The VRC digital team then reached out to Stackla about an easier solution. What the Stackla team provided were unique, private web pages featuring the dynamically filtered UGC for each competition. Within the Stackla platform, VRC created their own shortlist for each competition category, put those UGC galleries on the non-searchable web pages and sent those URLs to the appropriate judges.

“Our fashion teams were beside themselves because it easily streamlined what would have taken days of manual work to create. With Stackla, we had it all done in a few clicks of a button. That was a slightly different, more private way of using Stackla that none of us had at front of mind as an option before talking to their team of experts.”

Superior SaaS service with Stackla

With an event like the Melbourne Cup, McAuliffe said that fast response time was crucial to pulling off their UGC campaigns. He said “I was floored by Stackla’s level of customer service. With a live event, you haven’t got time for the whole ‘get back to you on Wednesday’ mentality.”

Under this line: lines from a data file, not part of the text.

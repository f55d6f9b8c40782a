-- ===== src/Station/ChannelLaws.antt =====
-- internal/backend/basicstation/structs/router_config.go: the loop over the channels of one concentrator.
use mathlib.Core.Path.{subst}
use mathlib.Core.List.{append_assoc, append-nil}
use lora_gateway_bridge.Common.{
  ℕ, zero, suc, ◌+◌, ◌≡◌, refl, ap, arith, Bool, true, false, ◌||◌, List, [], ◌∷◌, ◌++◌, map,
  length, length-append, ◌==◌, ok, >>=-eq-ok, ok_injective, wrap, if◌then◌else◌, Option, none, some,
}
use lora_gateway_bridge.Common.Int.{ℤ, pos, ◌+ℤ◌, int_laws}
use lora_gateway_bridge.Gw.{
  Modulation, lora, fsk, other_modulation, LoraModulationConfig, ChannelConfiguration,
}
use lora_gateway_bridge.Sx1301.{Radios, get_radio_for_channel}
use lora_gateway_bridge.PfConfig.Channels.{multi_sf, multi_sf_all}
use lora_gateway_bridge.Station.Concentrator.{
  Sx1301ConfChanLoraStd, Sx1301ConfChanMultiSf, Sx1301Conf, conf_radio, set_radios, offset,
  multi_sf_chan, set_chan, set_lora, set_lora_config, set_channel, radio_for_channel_error,
  set_channels,
}

abbrev frequency_on : Radios → ℕ → ℕ
frequency_on (f0, f1) r = if r == 0 then f0 else f1

-- The frequency that an enabled channel receives on.
abbrev pub received : Radios → Bool → ℕ → ℤ → Option ℤ
received radios enable r if_freq =
    if enable then some (if_freq +ℤ pos (frequency_on radios r)) else none

abbrev pub multi_sf_received : Radios → Sx1301ConfChanMultiSf → Option ℤ
multi_sf_received radios chan = received radios chan.enable chan.radio chan.if_freq

abbrev pub lora_std_received : Radios → Sx1301ConfChanLoraStd → Option ℤ
lora_std_received radios chan = received radios chan.enable chan.radio chan.if_freq

-- The first `n` frequencies, with `none` for those that are missing.
abbrev pub fill : ℕ → List ℤ → List (Option ℤ)
fill zero fs = []
fill (suc n) [] = none ∷ fill n []
fill (suc n) (f ∷ fs) = some f ∷ fill n fs

-- The frequency of the last channel with one spreading-factor.
abbrev single : ChannelConfiguration → List ℕ → Option ℤ → Option ℤ
single c (sf ∷ []) before = some (pos c.frequency)
single c _ before = before

abbrev single_lora : ChannelConfiguration → Option LoraModulationConfig → Option ℤ → Option ℤ
single_lora c none before = before
single_lora c (some info) before = single c info.spreading_factors before

abbrev one_sf : Modulation → ChannelConfiguration → Option ℤ → Option ℤ
one_sf lora c before = single_lora c c.lora_config before
one_sf _ c before = before

abbrev pub last_one_sf : List ChannelConfiguration → Option ℤ → Option ℤ
last_one_sf [] before = before
last_one_sf (c ∷ rest) before = last_one_sf rest (one_sf c.modulation c before)

abbrev is_fsk : Modulation → Bool
is_fsk fsk = true
is_fsk _ = false

abbrev pub has_fsk : List ChannelConfiguration → Bool → Bool
has_fsk [] before = before
has_fsk (c ∷ rest) before = has_fsk rest (is_fsk c.modulation || before)

received-offset :
    (radios : Radios) (r : ℕ) (c : ChannelConfiguration)
    → received radios true r (offset radios r c) ≡ some (pos c.frequency)
unfolding offset
received-offset (f0, f1) r c = ap some (omega int_laws)

fill_next :
    (read : Sx1301ConfChanMultiSf → Option ℤ) (n : ℕ) (fs : List ℤ) (f : ℤ)
    (chan : Sx1301ConfChanMultiSf) (chans : List Sx1301ConfChanMultiSf)
    → read chan ≡ some f
    → map read chans ≡ fill n fs
    → map read (set_chan (length fs) chan chans) ≡ fill n (fs ++ f ∷ [])
unfolding set_chan
fill_next read zero fs f chan [] e h = refl
fill_next read zero fs f chan (c ∷ cs) e h = cc
fill_next read (suc n) [] f chan [] e h = cc
fill_next read (suc n) (g ∷ gs) f chan [] e h = cc
fill_next read (suc n) [] f chan (c ∷ cs) e h = cc
fill_next read (suc n) (g ∷ gs) f chan (c ∷ cs) e h =
    let tails : map read cs ≡ fill n gs = cc in cc (h, fill_next read n gs f chan cs e tails)

-- What the loop over the channels has set so far: the channels with several spreading-factors have the
-- frequencies `fs`, and so on.
pub record IsConfigured (radios : Radios) (fs : List ℤ) (fsk_enable : Bool) (std : Option ℤ)
    (state : ℕ × Sx1301Conf) : Type 0 where
  pub counted : state.0 ≡ length fs
  pub radio_0 : state.1.radio_0 ≡ conf_radio radios.0
  pub radio_1 : state.1.radio_1 ≡ conf_radio radios.1
  pub multi : map (multi_sf_received radios) state.1.chan_multi_sf ≡ fill 8 fs
  pub with_fsk : state.1.chan_fsk_enable ≡ fsk_enable
  pub with_std : lora_std_received radios state.1.chan_lora_std ≡ std

pub set_radios-IsConfigured :
    (radios : Radios) → IsConfigured radios [] false none (0, set_radios radios)
unfolding set_radios
set_radios-IsConfigured radios = record {
  counted = refl;
  radio_0 = refl;
  radio_1 = refl;
  multi = refl;
  with_fsk = refl;
  with_std = refl;
}

IsConfigured-several :
    (radios : Radios) (r : ℕ) (c : ChannelConfiguration) (fs : List ℤ) (fsk_enable : Bool)
    (std : Option ℤ) (i : ℕ) (conf : Sx1301Conf)
    → IsConfigured radios fs fsk_enable std (i, conf)
    → IsConfigured radios (fs ++ pos c.frequency ∷ []) fsk_enable std (
      i + 1,
      record conf { chan_multi_sf = set_chan i (multi_sf_chan radios r c) conf.chan_multi_sf },
    )
unfolding multi_sf_chan
IsConfigured-several radios r c fs fsk_enable std i conf s = record {
  counted = omega (arith, s.counted, length-append fs (pos c.frequency ∷ []));
  radio_0 = s.radio_0;
  radio_1 = s.radio_1;
  multi = rw s.counted (
      fill_next (multi_sf_received radios) 8 fs (pos c.frequency) (multi_sf_chan radios r c)
        conf.chan_multi_sf (received-offset radios r c) s.multi);
  with_fsk = s.with_fsk;
  with_std = s.with_std;
}

set_lora-IsConfigured :
    (radios : Radios) (r : ℕ) (c : ChannelConfiguration) (bandwidth : ℕ) (sfs : List ℕ)
    (fs : List ℤ) (fsk_enable : Bool) (std : Option ℤ) (state : ℕ × Sx1301Conf)
    → IsConfigured radios fs fsk_enable std state
    → IsConfigured radios
        (fs
          ++ multi_sf lora (record c {
            lora_config = some (record { bandwidth = bandwidth; spreading_factors = sfs });
          }))
        fsk_enable
        (single c sfs std)
        (set_lora radios r c bandwidth sfs state)
unfolding set_lora
set_lora-IsConfigured radios r c bandwidth (sf ∷ []) fs fsk_enable std (i, conf) s =
    rw append-nil (record {
      counted = s.counted;
      radio_0 = s.radio_0;
      radio_1 = s.radio_1;
      multi = s.multi;
      with_fsk = s.with_fsk;
      with_std = received-offset radios r c;
    })
set_lora-IsConfigured radios r c bandwidth [] fs fsk_enable std (i, conf) s =
    IsConfigured-several radios r c fs fsk_enable std i conf s
set_lora-IsConfigured radios r c bandwidth (a ∷ b ∷ sfs) fs fsk_enable std (i, conf) s =
    IsConfigured-several radios r c fs fsk_enable std i conf s

set_lora_config-IsConfigured :
    (radios : Radios) (r : ℕ) (c : ChannelConfiguration) (o : Option LoraModulationConfig)
    (fs : List ℤ) (fsk_enable : Bool) (std : Option ℤ) (state : ℕ × Sx1301Conf)
    → IsConfigured radios fs fsk_enable std state
    → IsConfigured radios
        (fs ++ multi_sf lora (record c { lora_config = o }))
        fsk_enable
        (single_lora c o std)
        (set_lora_config radios r c o state)
unfolding set_lora_config
set_lora_config-IsConfigured radios r c none fs fsk_enable std state s = rw append-nil s
set_lora_config-IsConfigured radios r c (some info) fs fsk_enable std state s =
    set_lora-IsConfigured radios r c info.bandwidth info.spreading_factors fs fsk_enable std state s

set_channel-IsConfigured :
    (radios : Radios) (r : ℕ) (m : Modulation) (c : ChannelConfiguration) (fs : List ℤ)
    (fsk_enable : Bool) (std : Option ℤ) (state : ℕ × Sx1301Conf)
    → IsConfigured radios fs fsk_enable std state
    → IsConfigured radios
        (fs ++ multi_sf m c)
        (is_fsk m || fsk_enable)
        (one_sf m c std)
        (set_channel radios r m c state)
unfolding set_channel
set_channel-IsConfigured radios r lora c fs fsk_enable std state s =
    set_lora_config-IsConfigured radios r c c.lora_config fs fsk_enable std state s
set_channel-IsConfigured radios r fsk c fs fsk_enable std (i, conf) s = rw append-nil (record {
  counted = s.counted;
  radio_0 = s.radio_0;
  radio_1 = s.radio_1;
  multi = s.multi;
  with_fsk = refl;
  with_std = s.with_std;
})
set_channel-IsConfigured radios r (other_modulation n) c fs fsk_enable std state s = rw append-nil s

pub set_channels-IsConfigured :
    (radios : Radios) (cs : List ChannelConfiguration) (fs : List ℤ) (fsk_enable : Bool)
    (std : Option ℤ) (state state' : ℕ × Sx1301Conf)
    → IsConfigured radios fs fsk_enable std state
    → set_channels radios cs state ≡ ok state'
    → IsConfigured radios
        (fs ++ multi_sf_all cs)
        (has_fsk cs fsk_enable)
        (last_one_sf cs std)
        state'
unfolding set_channels
set_channels-IsConfigured radios [] fs fsk_enable std state state' s h =
    rw append-nil (subst (IsConfigured radios fs fsk_enable std) (ok_injective h) s)
set_channels-IsConfigured radios (c ∷ cs) fs fsk_enable std state state' s h =
    let (r, h1, h2) =
      >>=-eq-ok (wrap radio_for_channel_error (get_radio_for_channel radios c)) _ h in
    subst
      (λ l.
        IsConfigured radios l (has_fsk cs (is_fsk c.modulation || fsk_enable))
          (last_one_sf cs (one_sf c.modulation c std)) state')
      (append_assoc fs (multi_sf c.modulation c) (multi_sf_all cs))
      (set_channels-IsConfigured radios cs (fs ++ multi_sf c.modulation c)
        (is_fsk c.modulation || fsk_enable) (one_sf c.modulation c std)
        (set_channel radios r c.modulation c state) state'
        (set_channel-IsConfigured radios r c.modulation c fs fsk_enable std state s) h2)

He added, “For an event this grand, you’ve got all sorts of different demands coming at you from different parts of business and sponsors, but the Stackla team were brilliant. You just don’t typically expect to get that level of personalised and quick turnaround service from a SaaS product.”

The results

  • Over 114,000 pieces of user-generated content collected for Cup Week
  • More than 34,000 pieces of aggregated UGC were published to VRC digital channels
  • 118 user-generated content submissions were uploaded directly to the VRC website
  • 2,700 total uses of the #cupweekfashion hashtag

According to McAuliffe, “Because of the efforts made by our digital team to keep the momentum of the events surrounding Cup Week going, we were able to maintain engagement despite the lack of having a physical crowd—helping to achieve our goal of keeping audiences and event sponsors happy.”